Exhausta, hasta la orilla de mármol del lavabo ha arribado.
Náufraga. No sé cómo. Pero esa mi ignorancia no importa. Esto es un cuento. El
mar del fingimiento. Exhausta. Alguna ola sabia, onda, misericorde, me la ha
arrimado. A la encimera de mármol del lavabo. Una botella verde. Claro. Una
botella oscura de verde. Verdeoscura. Náufraga de algún otro relato. Náufraga
de algún poeta otro. Que la lanzara, él también, al fingimiento del mar. Casi
sin respiración, exhausta, la botella me ha arribado, claro, cerrada. La he
descorchado. Para que inspirara. Y en el cristal de su vientre, como no podía
ser de otra marina, abrigaba un mensaje. El papel era recio. Humedecido. Calado
de agua viva. Preservadora. El papel escrito...

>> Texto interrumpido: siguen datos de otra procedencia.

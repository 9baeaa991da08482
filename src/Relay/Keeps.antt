-- ===== src/Relay/Keeps.antt =====
-- The calls of the relay service keep the identifiers of the items that it has seen.
use neo_nect_desktop.Base.{
  Bool, true, false, ◌||◌, not, ltb, [], ◌≡◌, refl, sym, subst, arith, if◌then◌else◌, Bool-cases,
  inl, inr, ℤ, eqb_ℤ, pos,
}
use neo_nect_desktop.Base.Text.{String, ◌<>◌, is_empty}
use neo_nect_desktop.Crypto.{Bytes, OpenSsl, encrypt_aes_gcm}
use neo_nect_desktop.Socket.State.{Network}
use neo_nect_desktop.Storage.Message.{Message}
use neo_nect_desktop.Relay.{ISettingsRepository, RelayService, Web}
use neo_nect_desktop.Relay.Session.{
  on_ws_connected, poll_pending_messages, acknowledge_message, open_socket, start_polling,
  stop_polling, handle_401_error, must_open, is_mock,
}
use neo_nect_desktop.Relay.Send.{
  Moment, send_domain_message, with_device_id, transmit, packet_of, on_sent, report, target_of,
}
use neo_nect_desktop.Relay.Receive.{is_processed, note_processed}

-- The item of an identifier was processed.
pub record Seen {S : Type 0} (id : ℤ) (s : RelayService S) : Type 0 where
  pub seen : is_processed id s.processed_message_ids ≡ true

module _ {S : Type 0} (id : ℤ) where
  -- A service with the same identifiers.
  pub Seen-same :
      (s t : RelayService S)
      → t.processed_message_ids ≡ s.processed_message_ids
      → Seen id s
      → Seen id t
  Seen-same s t e v = record { seen = subst (λ ids. is_processed id ids ≡ true) (sym e) v.seen }

  pub Seen-if :
      (x y : RelayService S) (b : Bool) → Seen id x → Seen id y → Seen id (if b then x else y)
  Seen-if x y true v w = v
  Seen-if x y false v w = w

  pub Seen-note : (other : ℤ) (s : RelayService S) → Seen id s → Seen id (note_processed other s)
  unfolding is_processed
  Seen-note other s v = record { seen = ground (arith, v.seen) }

module _ {S : Type 0} (i : ISettingsRepository S) (id : ℤ) where
  pub poll-Seen : (s : RelayService S) → Seen id s → Seen id (poll_pending_messages i s)
  unfolding poll_pending_messages
  poll-Seen s v =
      Seen-if id _ _
        (is_empty (i.auth_token s.settings)
          || is_empty (i.device_id s.settings)
          || s.is_polling_active)
        v (Seen-same id s _ refl v)

  pub acknowledge-Seen :
      (w : Web) (other : ℤ) (s : RelayService S)
      → Seen id s
      → Seen id (acknowledge_message i w other s)
  unfolding acknowledge_message
  acknowledge-Seen w other s v =
      Seen-if id _ _ (is_empty (i.auth_token s.settings) || is_empty (i.device_id s.settings)) v
        (Seen-same id s _ refl v)

  pub start-Seen : (n : Network) (s : RelayService S) → Seen id s → Seen id (start_polling i n s)
  unfolding start_polling open_socket on_ws_connected
  start-Seen n s v = poll-Seen _ (
      Seen-if id _ _ (is_mock s) (Seen-same id s _ refl v) (
        Seen-if id _ _
          (must_open i n (n.trimmed (i.device_id s.settings)) (n.trimmed (i.auth_token s.settings))
            s.ws_client)
          (Seen-same id s _ refl v) (Seen-same id s _ refl v)))

  pub handle_401-Seen :
      (n : Network) (s : RelayService S) → Seen id s → Seen id (handle_401_error i n s)
  unfolding handle_401_error stop_polling
  handle_401-Seen n s v =
      Seen-if id _ _ (ltb s.retry_401_count 2) (Seen-same id s _ refl v) (Seen-same id s _ refl v)

  report-Seen :
      (w : Web) (n : Network) (target message : String) (ok : Bool) (err : String)
      (s : RelayService S)
      → Seen id s
      → Seen id (report i w n target message ok err s)
  unfolding report
  report-Seen w n target message ok err s v = Seen-same id s _ refl v

  with_device_id-Seen :
      (w : Web) (n : Network) (now : Moment) (s : RelayService S)
      → Seen id s
      → Seen id (with_device_id i w n now s).1
  unfolding with_device_id
  with_device_id-Seen w n now s v =
      elim (Bool-cases (is_empty (n.trimmed (i.device_id s.settings)))) [
        | inl e ↦ rw e (Seen-same id s _ refl v)
        | inr e ↦ rw e v
      ]

  transmit-Seen :
      (w : Web) (n : Network) (o : OpenSsl) (now : Moment) (device_id target : String)
      (msg : Message) (s : RelayService S)
      → Seen id s
      → Seen id (transmit i w n o now device_id target msg s)
  unfolding transmit
  transmit-Seen w n o now device_id target msg s v =
      let sealed = encrypt_aes_gcm o s.master (w.to_json (packet_of i w n now msg s.settings)) [] in
      Seen-if id _ _ (not sealed.success)
        (report-Seen w n target msg.id false ("E2EE Encryption failed: " <> sealed.error_message) s
          v)
        (Seen-same id s _ refl v)

  pub send-Seen :
      (w : Web) (n : Network) (o : OpenSsl) (now : Moment) (msg : Message) (s : RelayService S)
      → Seen id s
      → Seen id (send_domain_message i w n o now msg s)
  unfolding send_domain_message
  send-Seen w n o now msg s v =
      let k = with_device_id-Seen w n now s v in
      let t = (with_device_id i w n now s).1 in
      let target = target_of msg.conversation_id in
      Seen-if id _ _ (n.same_ci target "saved-messages") (report-Seen w n target msg.id true "" t k)
        (Seen-if id _ _ (is_empty (i.auth_token s.settings) || is_empty target)
          (report-Seen w n target msg.id false "Missing session token or recipient" t k)
          (transmit-Seen w n o now _ target msg t k))

  pub on_sent-Seen :
      (w : Web) (n : Network) (target message : String) (status : ℤ) (body : Bytes)
      (no_error : Bool) (err : String) (s : RelayService S)
      → Seen id s
      → Seen id (on_sent i w n target message status body no_error err s)
  unfolding on_sent
  on_sent-Seen w n target message status body no_error err s v =
      Seen-if id _ _ (no_error || eqb_ℤ status (pos 200) || eqb_ℤ status (pos 201))
        (report-Seen w n target message true "" s v)
        (report-Seen w n target message false _ _
          (Seen-if id _ _ (eqb_ℤ status (pos 401)) (handle_401-Seen n s v) v))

El idioma era ése. El universal. El de los poetas, el de los
cuentistas. El de los protagonistas de todos los versos. El papel, recio,
escrito por hombre refinado. Temeroso, pues. El mensaje se iniciaba con dos
citas. Cuidadas por los siglos. De Boecio, una: "¡Dichosa muerte, cuando
sin amargar la dulzura de los años buenos, acude si el corazón la llama en su
favor!" De Santa Teresa, la otra: "Venga ya la dulce muerte, el morir
venga ligero". Hombre refinado. El poeta. Escribía, recio, después:
"Lanzo al mar mi pena escrita. La he escrito para quitármela. La lanzo
para, inútilmente, intentar perderla. Como hombre, soy de pena. Casi sesenta
años de venas. Me estoy, ya, molido. Así, derrotado, he charlado con la muerte.
No he pactado. Con Ella. No hemos pactado. Le he rogado que fuera
-dentro- piadosa. Conmigo. Dulce. Ligera. Que me tratara. Ya.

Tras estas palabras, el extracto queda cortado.